According Sony online, the Sony TA DA 9000ES has preamp outputs for 7.1; I see no reason that you can not use outboard amps.  So, in a word, "yes."


----------



## Jacques13 (Dec 25, 2011)

Hi wgmontgomery.

That’s Brilliant news. Thank you Sire. Now I just need someone to tell Me where exactly to insert the RCA’s on the 9000ES. There is just so many inputs at the back, it’s very confusing:hissyfit:


----------



## Jungle Jack (Jul 28, 2009)

Hello,
Pretty much dead center on the Back Panel, you will see a grouping of RCA Outputs labeled Preout. Simply connect RCA Cables from the Amplifiers to the Channels Labeled on the 9000ES (Front Left, Front Right, etc..)
The Preouts are just above Zone Out going from the bottom of the 9000.
Cheers,
JJ


----------



## Jacques13 (Dec 25, 2011)

Jungle Jack said:


> Hello,
> Pretty much dead center on the Back Panel, you will see a grouping of RCA Outputs labeled Preout. Simply connect RCA Cables from the Amplifiers to the Channels Labeled on the 9000ES (Front Left, Front Right, etc..)
> The Preouts are just above Zone Out going from the bottom of the 9000.
> Cheers,
> JJ


Hi Jungle Jack.:bigsmile:

Thanks for the information, much appreciated. I will give it a try and Report back!! :T

Regards

Jacques


----------



## Jungle Jack (Jul 28, 2009)

Hello,
I truly look forward to reading your findings. While I have not used any Sony ES Audio Gear in many years, I currently have 4 Sony Televisions in my Home.
Cheers,
JJ


----------



## Jacques13 (Dec 25, 2011)

Jungle Jack said:


> Hello,
> I truly look forward to reading your findings. While I have not used any Sony ES Audio Gear in many years, I currently have 4 Sony Televisions in my Home.
> Cheers,
> JJ


Hi Jungle Jack.

I Love the Sony ES gear. Think they compare to some of the best gear available today, specifically the Sony TA-N77ES. I just LOVE the Sony Vintage Stuff. What’s your views of the Vintage ES gear? I know lots of people don’t like SONY

Cheers

Jacques


----------



## Jungle Jack (Jul 28, 2009)

Hello,
I am quite fond of vintage ES Gear and remain a huge fan of SACD and even owned an SCD-1. As for their AVR's, it does seem like Sony is doing a better job in respect to the Amplifier Stages in them. A few years ago, I did not find this to be the case with the $2000 STR-DA6400ES having a Bench Test comparable to a $500 AVR. The link used to be available, but it seems either Home Theater Magazine or Sound & Vision Magazine has recently taken it down. Regardless, their recent AVR's have done much better in this respect.
Cheers,
JJ


----------



## Jungle Jack (Jul 28, 2009)

Here is the Bench Test for the $1500 STR-DA4600ES: http://www.soundandvisionmag.com/article/test-report-sony-str-da4600es-av-receiver?page=0,3
Not bad into 2 Channels. but it got pretty bad into multichannel.


----------



## Jacques13 (Dec 25, 2011)

Jungle Jack said:


> Here is the Bench Test for the $1500 STR-DA4600ES: http://www.soundandvisionmag.com/article/test-report-sony-str-da4600es-av-receiver?page=0,3
> Not bad into 2 Channels. but it got pretty bad into multichannel.


Hi Jungle Jack.

WOW, I see what you mean with the review of the Sony STR-DA4600ES. Running in 2 channels is not bad, but into multi channels, is not so immersive. But I see for overall performance they gave it a 8.3 out of 10? That’s a bit confusing considering the big drop in power when running in multi channels?
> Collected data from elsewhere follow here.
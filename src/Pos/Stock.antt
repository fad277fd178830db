-- ===== src/Pos/Stock.antt =====
-- The stock of a sale at the counter: pos.service.ts.
use Prim.Native.String.{String}
use stock_pilot_be.Prelude.{
  ℕ, ◌≡◌, refl, Option, List, ap, ◌∙◌, sym, ◌==◌, Option-cases, inl, inr, if◌then◌else◌,
}
use stock_pilot_be.Prelude.Int.{ℤ, pos, ◌+ℤ◌, ◌-ℤ◌}
use stock_pilot_be.Prelude.Rows.{find_first}
use stock_pilot_be.Prelude.Result.{
  ok, ok_injective, Ensures, Ensures-bind, Ensures-call, Ensures-both, returns, fails,
}
use stock_pilot_be.Schema.{Database, Warehouse, Order, PaymentMethod}
use stock_pilot_be.Ledger.{normalize_items}
use stock_pilot_be.Ledger.Normalize.{
  requested, requested-normalize, IsPositive, normalize-IsPositive,
}
use stock_pilot_be.Ledger.Posting.{Keeps, Keeps-trans, on_hand}
use stock_pilot_be.Ledger.Deduct.{atomic_deduct-Journal}
use stock_pilot_be.Ledger.Effect.{atomic_deduct-on_hand}
use stock_pilot_be.Orders.Stock.{IsSound, Journal-IsSound, Keeps-IsSound}
use stock_pilot_be.Orders.Draft.{Decimals, RawLine}
use stock_pilot_be.Orders.Create.{clashes}
use stock_pilot_be.Audit.{audit}
use stock_pilot_be.Inventory.{target_warehouse}
use stock_pilot_be.Pos.{
  CreatePosSaleInput, store_sale, store_payment, is_paid_before, new_payment, cash_sale,
  create_cash_sale,
}
use stock_pilot_be.Pos.Money.{Ensures-unique}
use stock_pilot_be.Pos.Sale.{pos_items}

store_sale-Keeps :
    (now : ℕ) (number : String) (store user : ℕ) (subtotal discount tax total : ℤ)
    (key : Option String) (ls : List RawLine) (amounts : List ℤ) (db : Database)
    → Ensures
        (λ r. Keeps db r.1)
        (store_sale now number store user subtotal discount tax total key ls amounts db)
unfolding store_sale
store_sale-Keeps now number store user subtotal discount tax total key ls amounts db =
    elim (Option-cases (find_first (clashes store number key) db.orders)) [
      | inr (old, clash) ↦ rw (clash, store_sale) fails
      | inl fresh ↦
          rw (fresh, store_sale) (returns (record { movements = refl; balances = λ u j. refl }))
    ]

store_payment-Keeps :
    (store : ℕ) (order : Order) (method : PaymentMethod) (total : ℤ) (key : Option String)
    (db : Database)
    → Ensures (λ r. Keeps db r.1) (store_payment store order method total key db)
unfolding store_payment
store_payment-Keeps store order method total key db =
    elim (Option-cases
      (find_first (is_paid_before (new_payment store order method total key db)) db.payments)) [
        | inr (old, clash) ↦ rw (clash, store_payment) fails
        | inl fresh ↦
            rw (fresh, store_payment)
              (returns (record { movements = refl; balances = λ u j. refl }))
      ]

-- Where the stock is sound and the quantities are positive: a sale that succeeds has taken from each
-- item of the target warehouse what its lines sell of it altogether, every other quantity is what it
-- was, and the stock stays sound.
pub create_cash_sale-on_hand :
    (d : Decimals) (now : ℕ) (number : String) (store user : ℕ) (input : CreatePosSaleInput)
    (key : Option String) (db : Database) (w : Warehouse)
    → IsPositive (pos_items input.items)
    → IsSound db
    → target_warehouse store input.warehouse_id db ≡ ok w
    → Ensures
        (λ r.
          IsSound r.1
          × ((u j : ℕ)
              → on_hand u j r.1
                ≡ on_hand u j db
                  +ℤ (if w.id == u then pos 0 -ℤ requested j (pos_items input.items) else pos 0)))
        (create_cash_sale d now number store user input key db)
unfolding create_cash_sale cash_sale audit
create_cash_sale-on_hand d now number store user input key db w positive sound target =
    let items = normalize_items (pos_items input.items) in
    Ensures-unique (
      Ensures-bind λ v ev.
        (Ensures-bind λ s es. Ensures-bind λ all_there ea. Ensures-bind λ ls el.
          Ensures-bind λ within eh. Ensures-bind λ agreed eg.
            Ensures-call (store_sale-Keeps now number store user _ _ _ _ key ls _ db) λ o kept.
              Ensures-call (store_payment-Keeps store o.0.0 input.payment_method _ key o.1)
                λ p kept'.
                  let before = Keeps-trans kept kept' in
                  let start =
                    Keeps-trans before (record { movements = refl; balances = λ u j. refl }) in
                  Ensures-call
                    (Ensures-both (atomic_deduct-Journal _ _ items _) (
                      atomic_deduct-on_hand _ _ items _
                        (normalize-IsPositive (pos_items input.items) positive)))
                    λ m (journal, quantities). returns (
                      Keeps-IsSound (record { movements = refl; balances = λ u j. refl })
                          (Journal-IsSound journal (Keeps-IsSound start sound)),
                      λ u j.
                          quantities u j
                          ∙ regroup u (ap (λ x. x.id) (ok_injective (sym ev ∙ target)))
                              (before.balances u j) (requested-normalize j (pos_items input.items)),
                    )))
  where
    regroup :
        (u : ℕ) {n n' : ℕ} {h h' q q' : ℤ}
        → n ≡ n'
        → h ≡ h'
        → q ≡ q'
        → h +ℤ (if n == u then pos 0 -ℤ q else pos 0)
          ≡ h' +ℤ (if n' == u then pos 0 -ℤ q' else pos 0)
    regroup u en eh eq = rw (en, eh, eq)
I also like Sony’s SACD players, but my favorite Sony Cd player must be the CDP 557ES. Just brilliant and build like a tank 

Regards

Jacques


----------



## wgmontgomery (Jun 9, 2011)

Jungle Jack said:


> Here is the Bench Test for the $1500 STR-DA4600ES: http://www.soundandvisionmag.com/article/test-report-sony-str-da4600es-av-receiver?page=0,3
> Not bad into 2 Channels. but it got pretty bad into multichannel.


J. Jack--->*WOW!!* Another example supporting my cry to have power specs standardized!! :rant: Thanks!! 

Jacques13, if you have any questions when you connect the amps please let us know; we are here to help!!


----------



## Jacques13 (Dec 25, 2011)

wgmontgomery said:


> J. Jack--->*WOW!!* Another example supporting my cry to have power specs standardized!! :rant: Thanks!!
> 
> Jacques13, if you have any questions when you connect the amps please let us know; we are here to help!!


Thanks Jungle Jack.

I will most certainly do that!! Thanks for the info regarding the Sony TA DA 9000ES, much appreciated :T

Best Regards

Jacques


----------